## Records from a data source
╔══

-- ===== src/Calls/Quiet.antt =====
-- The parts of a call (fuel-vm/src/interpreter/flow.rs) that change no register but the gas.
use fuel_vm.Reg
use fuel_vm.Prelude.{
  ℕ, ◌+◌, ◌≤◌, ◌≡◌, ◌≢◌, refl, ◌∙◌, ap, Bool, true, false, Option, none, some, arith,
  saturating_mul,
}
use fuel_vm.Outcome.{Error, Result, ok, err}
use fuel_vm.Vm
use fuel_vm.Vm.{Vm}
use fuel_vm.Vm.Gas.{
  gas_charge, dependent_gas_charge_without_base, DependentCost, resolve_without_base,
}
use fuel_vm.Calls.Receipts.{Bytes32, Receipt}
use fuel_vm.Memory.{MemoryInstance}
use fuel_vm.Calls.{
  Interpreter, Handler, Parameters, ◌>>=◌, pure, on_vm, from_option, from_result, gets,
  check_contract_in_inputs, external_asset_id_balance_sub, push_receipt,
}
use fuel_vm.Calls.Binds.{then_run, Ended, Ends}
use fuel_vm.Calls.Contract.{
  balance_increase, balance_decrease, debit, charge_new_entry, forward_coins,
}

-- The machine's registers but for the gas are as before, as are its frames, and no gas is gained.
pub record QuietVm (vm vm' : Vm) : Type 0 where
  pub others : (r : ℕ) → r ≢ Reg.cgas → r ≢ Reg.ggas → vm'.registers r ≡ vm.registers r
  pub less_gas : vm'.registers Reg.cgas ≤ vm.registers Reg.cgas
  pub frames : vm'.frames ≡ vm.frames

-- Both counters fall by the same amount.
abbrev pub Spent : Vm → Vm → Type 0
Spent vm vm' =
    vm'.registers Reg.cgas + vm.registers Reg.ggas ≡ vm.registers Reg.cgas + vm'.registers Reg.ggas

pub QuietVm-trans : {s t u : Vm} → QuietVm s t → QuietVm t u → QuietVm s u
QuietVm-trans q k = record {
  others = λ r h l. k.others r h l ∙ q.others r h l;
  less_gas = omega (arith, q.less_gas, k.less_gas);
  frames = k.frames ∙ q.frames;
}

pub record Quiet (s t : Interpreter) : Type 0 where
  pub machine : QuietVm s.vm t.vm
  pub spent : Spent s.vm t.vm
  pub context : t.context ≡ s.context

pub Quiet-refl : (s : Interpreter) → Quiet s s
Quiet-refl s = record {
  machine = record { others = λ r h k. refl; less_gas = omega arith; frames = refl };
  spent = refl;
  context = refl;
}

pub Quiet-trans : {s t u : Interpreter} → Quiet s t → Quiet t u → Quiet s u
Quiet-trans q k = record {
  machine = QuietVm-trans q.machine k.machine;
  spent = omega (arith, q.spent, k.spent);
  context = k.context ∙ q.context;
}

pub record Quietly {A : Type 0} (m : Handler A) : Type 0 where
  pub quiet : (s : Interpreter) → Quiet s (m s).1

module _ {A B : Type 0} where
  after :
      (f : A → Handler B) (s : Interpreter) (q : Result A × Interpreter)
      → ((a : A) → Quietly (f a))
      → Quiet s q.1
      → Quiet s (then_run f q).1
  unfolding then_run
  after f s (ok a, t) k q = Quiet-trans q ((k a).quiet t)
  after f s (err e, t) k q = q

  pub Quietly-bind :
      {m : Handler A} {f : A → Handler B}
      → Quietly m
      → ((a : A) → Quietly (f a))
      → Quietly (m >>= f)
  unfolding then_run
  Quietly-bind {m} {f} q k = record { quiet = λ s. after f s (m s) k (q.quiet s) }

gas_charge-QuietVm : (gas : ℕ) (vm : Vm) → QuietVm vm (gas_charge gas vm).1
unfolding gas_charge
gas_charge-QuietVm gas vm = record {
  others = λ r h k. ground arith;
  less_gas = ground arith;
  frames = ground arith;
}

gas_charge-Spent : (gas : ℕ) (vm : Vm) → Spent vm (gas_charge gas vm).1
unfolding gas_charge
gas_charge-Spent gas vm = ground arith

result_charge-Spent :
    (r : Result ℕ) (vm : Vm) → Spent vm ((Vm.◌>>=◌ (Vm.from_result r) gas_charge) vm).1
result_charge-Spent (ok gas) vm = gas_charge-Spent gas vm
result_charge-Spent (err e) vm = refl

result_charge-QuietVm :
    (r : Result ℕ) (vm : Vm) → QuietVm vm ((Vm.◌>>=◌ (Vm.from_result r) gas_charge) vm).1
result_charge-QuietVm (ok gas) vm = gas_charge-QuietVm gas vm
result_charge-QuietVm (err e) vm = record {
  others = λ r h k. refl;
  less_gas = omega arith;
  frames = refl;
}

Quiet-same :
    (s t : Interpreter)
    → t.vm.registers ≡ s.vm.registers
    → t.vm.frames ≡ s.vm.frames
    → t.context ≡ s.context
    → Quiet s t
Quiet-same s t r f c = record {
  machine = record {
    others = λ i h k. ap (λ (regs : ℕ → ℕ). regs i) r;
    less_gas = omega (arith, ap (λ (regs : ℕ → ℕ). regs Reg.cgas) r);
    frames = f;
  };
  spent =
      omega (arith, ap (λ (regs : ℕ → ℕ). regs Reg.cgas) r, ap (λ (regs : ℕ → ℕ). regs Reg.ggas) r);
  context = c;
}

pub gas_charge-Quietly : (gas : ℕ) → Quietly (on_vm (gas_charge gas))
gas_charge-Quietly gas = record {
  quiet = λ s. record {
    machine = gas_charge-QuietVm gas s.vm;
    spent = gas_charge-Spent gas s.vm;
    context = refl;
  };
}

pub dependent_gas_charge_without_base-Quietly :
    (cost : DependentCost) (n : ℕ) → Quietly (on_vm (dependent_gas_charge_without_base cost n))
unfolding dependent_gas_charge_without_base
dependent_gas_charge_without_base-Quietly cost n = record {
  quiet = λ s. record {
    machine = result_charge-QuietVm (resolve_without_base cost n) s.vm;
    spent = result_charge-Spent (resolve_without_base cost n) s.vm;
    context = refl;
  };
}

pub charge_new_entry-Quietly : (p : Parameters) (new : Bool) → Quietly (charge_new_entry p new)
unfolding charge_new_entry
charge_new_entry-Quietly p false = record { quiet = λ s. Quiet-refl s }
charge_new_entry-Quietly p true = record {
  quiet = λ s. (gas_charge-Quietly (saturating_mul 40 p.new_storage_per_byte)).quiet s;
}

pub check_contract_in_inputs-Quietly : (id : Bytes32) → Quietly (check_contract_in_inputs id)
unfolding check_contract_in_inputs
check_contract_in_inputs-Quietly id = record {
  quiet = λ s.
      Quiet-same s (check_contract_in_inputs id s).1 (ground arith) (ground arith) (ground arith);
}

pub balance_increase-Quietly :
    (contract asset_id : Bytes32) (amount : ℕ) → Quietly (balance_increase contract asset_id amount)
unfolding balance_increase
balance_increase-Quietly contract asset_id amount = record {
  quiet = λ s.
      Quiet-same s (balance_increase contract asset_id amount s).1 (ground arith) (ground arith)
        (ground arith);
}

pub debit-Quietly :
    (source : Option Bytes32) (asset_id : Bytes32) (amount : ℕ)
    → Quietly (debit source asset_id amount)
unfolding debit balance_decrease external_asset_id_balance_sub
debit-Quietly none asset_id amount = record {
  quiet = λ s.
      Quiet-same s (external_asset_id_balance_sub asset_id amount s).1 (ground arith) (ground arith)
        (ground arith);
}
debit-Quietly (some id) asset_id amount = record {
  quiet = λ s.
      Quiet-same s (balance_decrease id asset_id amount s).1 (ground arith) (ground arith)
        (ground arith);
}

pub forward_coins-Quietly :
    (p : Parameters) (source : Option Bytes32) (to asset_id : Bytes32) (amount : ℕ)
    → Quietly (forward_coins p source to asset_id amount)
unfolding forward_coins
forward_coins-Quietly p source to asset_id amount =
    Quietly-bind (debit-Quietly source asset_id amount) λ _.
      Quietly-bind (check_contract_in_inputs-Quietly to)
        λ _. Quietly-bind (balance_increase-Quietly to asset_id amount) (charge_new_entry-Quietly p)

-- What a quiet step leaves, if it succeeds
quiet_result :
    {A : Type 0} (s : Interpreter) (r : Result A × Interpreter)
    → Quiet s r.1
    → Ended (λ _ t. Quiet s t) r
quiet_result s (ok a, t) h = h
quiet_result s (err e, t) h = tt

pub quiet-Ends :
    {A : Type 0} {m : Handler A} → Quietly m → (s : Interpreter) → Ends (λ _ t. Quiet s t) m s
quiet-Ends {m = m} q s = record { ends = quiet_result s (m s) (q.quiet s) }

pub gets-Quietly : {A : Type 0} (f : Interpreter → A) → Quietly (gets f)
gets-Quietly f = record { quiet = Quiet-refl }

pub from_result-Quietly : {A : Type 0} (r : Result A) → Quietly (from_result r)
from_result-Quietly r = record { quiet = Quiet-refl }

pub from_option-Quietly : {A : Type 0} (o : Option A) (e : Error) → Quietly (from_option o e)
from_option-Quietly none e = record { quiet = Quiet-refl }
from_option-Quietly (some a) e = record { quiet = Quiet-refl }

pub pure-Quietly : {A : Type 0} (a : A) → Quietly (pure a)
pure-Quietly a = record { quiet = Quiet-refl }

pub on_memory-Quietly :
    (f : MemoryInstance → Result MemoryInstance) → Quietly (on_vm (Vm.on_memory f))
on_memory-Quietly f = record {
  quiet = λ s. Quiet-same s (on_vm (Vm.on_memory f) s).1 (ground arith) (ground arith) refl;
}

pub push_receipt-Quietly : (p : Parameters) (receipt : Receipt) → Quietly (push_receipt p receipt)
unfolding push_receipt
push_receipt-Quietly p receipt = record {
  quiet =
      λ s. Quiet-same s (push_receipt p receipt s).1 (ground arith) (ground arith) (ground arith);
}
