-- ===== src/Calls/Flow/Return.antt =====
-- What a return to the caller leaves: `return_from_context` of fuel-vm/src/interpreter/flow.rs.
use fuel_vm.Reg
use fuel_vm.Prelude.{ℕ, ◌+◌, ◌≤◌, ◌≡◌, ◌≢◌, refl, ap, ◌∙◌, List, ◌∷◌, arith, word_max, le→leb}
use fuel_vm.Outcome.{ok}
use fuel_vm.Vm
use fuel_vm.Vm.{CallFrame, instruction_size}
use fuel_vm.Calls.Receipts
use fuel_vm.Calls.Receipts.{Receipt, ReceiptsCtx}
use fuel_vm.Calls.Frame.{update_from_frame_pointer}
use fuel_vm.Calls.{Interpreter, Parameters, ◌>>◌, push_receipt, set_frame_pointer, on_vm}
use fuel_vm.Calls.Binds.{bind_ok}
use fuel_vm.Calls.Flow.{restore, leave_frame, return_from_context}

-- The caller goes on behind its call: `t` is the machine after a return from the frame on top of
-- `rest`, and `s` the one before.
pub record Returned (frame : CallFrame) (rest : List CallFrame) (s t : Interpreter) : Type 0 where
  pub frames : t.vm.frames ≡ rest
  pub pc : t.vm.registers Reg.pc ≡ frame.registers Reg.pc + instruction_size
  pub cgas : t.vm.registers Reg.cgas ≡ s.vm.registers Reg.cgas + frame.registers Reg.cgas
  pub ggas : t.vm.registers Reg.ggas ≡ s.vm.registers Reg.ggas
  pub ret : t.vm.registers Reg.ret ≡ s.vm.registers Reg.ret
  pub retl : t.vm.registers Reg.retl ≡ s.vm.registers Reg.retl
  pub hp : t.vm.registers Reg.hp ≡ s.vm.registers Reg.hp
  pub others :
      (r : ℕ)
      → r ≢ Reg.pc
      → r ≢ Reg.cgas
      → r ≢ Reg.ggas
      → r ≢ Reg.ret
      → r ≢ Reg.retl
      → r ≢ Reg.hp
      → t.vm.registers r ≡ frame.registers r
  pub memory : t.vm.memory ≡ s.vm.memory
  pub context : t.context ≡ update_from_frame_pointer (frame.registers Reg.fp) s.context

left : CallFrame → List CallFrame → Interpreter → Interpreter
left frame rest s = record s {
  vm = record s.vm {
    frames = rest;
    registers =
        Vm.update
          (restore frame.registers (
            Vm.update s.vm.registers Reg.cgas (s.vm.registers Reg.cgas + frame.registers Reg.cgas)))
          Reg.fp (frame.registers Reg.fp);
  };
  context = update_from_frame_pointer (frame.registers Reg.fp) s.context;
}

leave_frame-ok :
    (frame : CallFrame) (rest : List CallFrame) (s : Interpreter)
    → s.vm.registers Reg.cgas + frame.registers Reg.cgas ≤ word_max
    → leave_frame (frame ∷ rest) s ≡ (ok tt, left frame rest s)
unfolding leave_frame left set_frame_pointer restore
leave_frame-ok frame rest s h =
    rw (le→leb (s.vm.registers Reg.cgas + frame.registers Reg.cgas) word_max h) refl

unfoldable pub received : ReceiptsCtx → Interpreter → Interpreter
received ctx s = record s { receipts = ctx }

pub push_receipt-ok :
    (p : Parameters) (receipt : Receipt) (s : Interpreter) {ctx : ReceiptsCtx}
    → Receipts.push p.sha256 p.to_bytes receipt s.receipts ≡ ok ctx
    → push_receipt p receipt s ≡ (ok tt, received ctx s)
unfolding push_receipt received
push_receipt-ok p receipt s e = rw (e, push_receipt) refl

unfoldable pub advanced : Interpreter → Interpreter
advanced s = record s {
  vm = record s.vm {
    registers = Vm.update s.vm.registers Reg.pc (s.vm.registers Reg.pc + instruction_size);
  };
}

pub inc_pc-ok :
    (s : Interpreter)
    → s.vm.registers Reg.pc + instruction_size ≤ word_max
    → on_vm Vm.inc_pc s ≡ (ok tt, advanced s)
unfolding Vm.inc_pc advanced
inc_pc-ok s h = rw (le→leb (s.vm.registers Reg.pc + instruction_size) word_max h) refl

advanced-Returned :
    (frame : CallFrame) (rest : List CallFrame) (s : Interpreter) (ctx : ReceiptsCtx)
    → Returned frame rest s (advanced (received ctx (left frame rest s)))
unfolding advanced received left restore
advanced-Returned frame rest s ctx = record {
  frames = refl;
  pc = refl;
  cgas = refl;
  ggas = refl;
  ret = refl;
  retl = refl;
  hp = refl;
  others = λ r a b c d e f. ground arith;
  memory = refl;
  context = refl;
}

-- With a frame left, the gas of which fits the counter, a free slot for the receipt, and a caller
-- that is not at the end of the words, a return restores the caller's registers from the frame, but
-- for the gas, the result and the heap pointer, drops the frame, adds the gas that is left to the
-- caller's, and goes on behind the call.
pub return_from_context_lem :
    (p : Parameters) (receipt : Receipt) (s : Interpreter) (frame : CallFrame)
    (rest : List CallFrame) {ctx : ReceiptsCtx}
    → s.vm.frames ≡ frame ∷ rest
    → s.vm.registers Reg.cgas + frame.registers Reg.cgas ≤ word_max
    → frame.registers Reg.pc + instruction_size ≤ word_max
    → Receipts.push p.sha256 p.to_bytes receipt s.receipts ≡ ok ctx
    → (t : Interpreter) × (return_from_context p receipt s ≡ (ok tt, t)) × Returned frame rest s t
unfolding return_from_context left received restore
return_from_context_lem p receipt s frame rest {ctx} f g h e =
    let u = left frame rest s in
    (
      advanced (received ctx u),
      bind_ok (leave_frame s.vm.frames) (λ _. push_receipt p receipt >> on_vm Vm.inc_pc) s
          (ap (λ (frames : List CallFrame). leave_frame frames s) f ∙ leave_frame-ok frame rest s g)
          (bind_ok (push_receipt p receipt) (λ _. on_vm Vm.inc_pc) u (push_receipt-ok p receipt u e)
            (inc_pc-ok (received ctx u) h)),
      advanced-Returned frame rest s ctx,
    )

╚══

## EXERCISE PROMPT
Please output exactly the lines between the one holding "(f : A → Handler" and the one holding "(r : Result ℕ) (vm : Vm) → QuietVm" in the records above, inclusive, and nothing more.

## SOLUTION
      (f : A → Handler B) (s : Interpreter) (q : Result A × Interpreter)
      → ((a : A) → Quietly (f a))
      → Quiet s q.1
      → Quiet s (then_run f q).1
  unfolding then_run
  after f s (ok a, t) k q = Quiet-trans q ((k a).quiet t)
  after f s (err e, t) k q = q

  pub Quietly-bind :
      {m : Handler A} {f : A → Handler B}
      → Quietly m
      → ((a : A) → Quietly (f a))
      → Quietly (m >>= f)
  unfolding then_run
  Quietly-bind {m} {f} q k = record { quiet = λ s. after f s (m s) k (q.quiet s) }

gas_charge-QuietVm : (gas : ℕ) (vm : Vm) → QuietVm vm (gas_charge gas vm).1
unfolding gas_charge
gas_charge-QuietVm gas vm = record {
  others = λ r h k. ground arith;
  less_gas = ground arith;
  frames = ground arith;
}

gas_charge-Spent : (gas : ℕ) (vm : Vm) → Spent vm (gas_charge gas vm).1
unfolding gas_charge
gas_charge-Spent gas vm = ground arith

result_charge-Spent :
    (r : Result ℕ) (vm : Vm) → Spent vm ((Vm.◌>>=◌ (Vm.from_result r) gas_charge) vm).1
result_charge-Spent (ok gas) vm = gas_charge-Spent gas vm
result_charge-Spent (err e) vm = refl

result_charge-QuietVm :
    (r : Result ℕ) (vm : Vm) → QuietVm vm ((Vm.◌>>=◌ (Vm.from_result r) gas_charge) vm).1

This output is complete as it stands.